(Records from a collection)
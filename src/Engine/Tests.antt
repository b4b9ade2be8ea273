-- ===== src/Engine/Tests.antt =====
-- Runs of engine.c.
use planck.Munge.{munge}
use planck.Engine.Value.{Objects, get_value}
use planck.Engine.Value.Walk.{here, along, get_value_lem}
use planck.Engine.Startup.{bootstrap, exits, evaluates, set_import_script}
use planck.Engine.Printing.{
  no_sender, discarding_sender, session, Printer, print_fn, print_err_fn, set_print_sender,
}
use planck.Engine.Printing.Routed.{
  Change, sets, installs, interrupts, change_all, printed_both, routed, routed_err, apply_lem,
}
use planck.Engine.Ready.{
  nobody, about_to_signal, State, block_lock, block_test, block_relock, signal_lock, set_ready,
  unlock, move, run, Reach, start,
}
use planck.Engine.Ready.Wakeup.{run-signalled, Reach-run}
use planck.Prelude.{
  ◌≡◌, refl, Bool, true, false, ◌||◌, not, none, some, List, [], ◌∷◌, ◌++◌, ◌≤◌, Bytes, codes,
  str_eq, arith, if◌then◌else◌,
}

-- Objects are the paths to them; there are `planck`, `planck.repl`, and what is in that.
abbrev is_object : Bytes → Bool
is_object path = str_eq path (codes ".planck") || str_eq path (codes ".planck.repl")

abbrev few_objects : Objects Bytes Bytes
few_objects = record {
  global = [];
  is_undefined = λ v. not (is_object v);
  to_object = λ v. if is_object v then some v else none;
  property = λ o name. o ++ b'.' ∷ name;
}

get_value_lem_example :
    get_value few_objects (codes "planck.repl") (codes "run-main")
    ≡ some (codes ".planck.repl.run_main")
unfolding munge str_eq
get_value_lem_example =
    get_value_lem few_objects (codes "planck") (codes "repl" ∷ []) (codes "run-main") (omega arith)
      (omega arith, tt) (along refl refl (along refl refl here))

-- A namespace that is not there ends at a null pointer.
missing : get_value few_objects (codes "planck.core") (codes "x") ≡ none
unfolding get_value str_eq
missing = refl

no_base :
    bootstrap (λ name. none) (λ name. none) none
    ≡ evaluates set_import_script
      ∷ exits (codes "The goog base JavaScript text could not be loaded\n")
      ∷ []
unfolding bootstrap
no_base = refl

abbrev printer : Printer
printer = record {
  cljs_sender = no_sender;
  print = print_fn;
  print_err = print_err_fn;
  keep_running = true;
  handles_sigint = false;
}

abbrev some_changes : List Change
some_changes = installs ∷ sets (session 3) ∷ interrupts ∷ sets no_sender ∷ []

apply_lem_example :
    printed_both (change_all some_changes (set_print_sender discarding_sender printer)) (codes "a")
    ≡ some (routed no_sender false (codes "a"), routed_err no_sender false (codes "a"))
apply_lem_example = apply_lem discarding_sender some_changes printer (codes "a")

-- One thread waits when the engine's is about to signal, and another comes afterwards.
abbrev before_signal : State
before_signal = record {
  engine_ready = true;
  holder = about_to_signal;
  waiting = 1;
  woken = 0;
  returned = 0;
  called = true;
}

abbrev at_end : State
at_end = record {
  engine_ready = true;
  holder = nobody;
  waiting = 0;
  woken = 1;
  returned = 1;
  called = true;
}

before_signal-Reach : Reach before_signal
unfolding run move
before_signal-Reach = Reach-run (block_lock ∷ block_test ∷ signal_lock ∷ set_ready ∷ []) start refl

run-signalled_example :
    (at_end.waiting ≤ 0)
    × (run (block_relock ∷ block_test ∷ []) at_end
        ≡ some (record at_end { woken = 0; returned = 2 }))
unfolding run move
run-signalled_example =
    run-signalled (unlock ∷ block_lock ∷ block_test ∷ []) 0 before_signal-Reach (omega arith) refl
      refl refl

The problem: All of the entries need to be reproduced exactly; please write them out.

Response to the exercise:
filename src/Engine/Tests.antt
repository b4b9ade2be8ea273
-- ===== src/Engine/Tests.antt =====
-- Runs of engine.c.
use planck.Munge.{munge}
use planck.Engine.Value.{Objects, get_value}
use planck.Engine.Value.Walk.{here, along, get_value_lem}
use planck.Engine.Startup.{bootstrap, exits, evaluates, set_import_script}
use planck.Engine.Printing.{
  no_sender, discarding_sender, session, Printer, print_fn, print_err_fn, set_print_sender,
}
use planck.Engine.Printing.Routed.{
  Change, sets, installs, interrupts, change_all, printed_both, routed, routed_err, apply_lem,
}
use planck.Engine.Ready.{
  nobody, about_to_signal, State, block_lock, block_test, block_relock, signal_lock, set_ready,
  unlock, move, run, Reach, start,
}
use planck.Engine.Ready.Wakeup.{run-signalled, Reach-run}
use planck.Prelude.{
  ◌≡◌, refl, Bool, true, false, ◌||◌, not, none, some, List, [], ◌∷◌, ◌++◌, ◌≤◌, Bytes, codes,
  str_eq, arith, if◌then◌else◌,
}

-- Objects are the paths to them; there are `planck`, `planck.repl`, and what is in that.
abbrev is_object : Bytes → Bool
is_object path = str_eq path (codes ".planck") || str_eq path (codes ".planck.repl")

abbrev few_objects : Objects Bytes Bytes
few_objects = record {
  global = [];
  is_undefined = λ v. not (is_object v);
  to_object = λ v. if is_object v then some v else none;
  property = λ o name. o ++ b'.' ∷ name;
}

get_value_lem_example :
    get_value few_objects (codes "planck.repl") (codes "run-main")
    ≡ some (codes ".planck.repl.run_main")
unfolding munge str_eq
get_value_lem_example =
    get_value_lem few_objects (codes "planck") (codes "repl" ∷ []) (codes "run-main") (omega arith)
      (omega arith, tt) (along refl refl (along refl refl here))

-- A namespace that is not there ends at a null pointer.
missing : get_value few_objects (codes "planck.core") (codes "x") ≡ none
unfolding get_value str_eq
missing = refl

no_base :
    bootstrap (λ name. none) (λ name. none) none
    ≡ evaluates set_import_script
      ∷ exits (codes "The goog base JavaScript text could not be loaded\n")
      ∷ []
unfolding bootstrap
no_base = refl

abbrev printer : Printer
printer = record {
  cljs_sender = no_sender;
  print = print_fn;
  print_err = print_err_fn;
  keep_running = true;
  handles_sigint = false;
}

abbrev some_changes : List Change
some_changes = installs ∷ sets (session 3) ∷ interrupts ∷ sets no_sender ∷ []

apply_lem_example :
    printed_both (change_all some_changes (set_print_sender discarding_sender printer)) (codes "a")
    ≡ some (routed no_sender false (codes "a"), routed_err no_sender false (codes "a"))
apply_lem_example = apply_lem discarding_sender some_changes printer (codes "a")

-- One thread waits when the engine's is about to signal, and another comes afterwards.
abbrev before_signal : State
before_signal = record {
  engine_ready = true;
  holder = about_to_signal;
  waiting = 1;
  woken = 0;
  returned = 0;
  called = true;
}

abbrev at_end : State
at_end = record {
  engine_ready = true;
  holder = nobody;
  waiting = 0;
  woken = 1;
  returned = 1;
  called = true;
}

before_signal-Reach : Reach before_signal
unfolding run move
before_signal-Reach = Reach-run (block_lock ∷ block_test ∷ signal_lock ∷ set_ready ∷ []) start refl

run-signalled_example :
    (at_end.waiting ≤ 0)
    × (run (block_relock ∷ block_test ∷ []) at_end
        ≡ some (record at_end { woken = 0; returned = 2 }))
unfolding run move
run-signalled_example =
    run-signalled (unlock ∷ block_lock ∷ block_test ∷ []) 0 before_signal-Reach (omega arith) refl
      refl refl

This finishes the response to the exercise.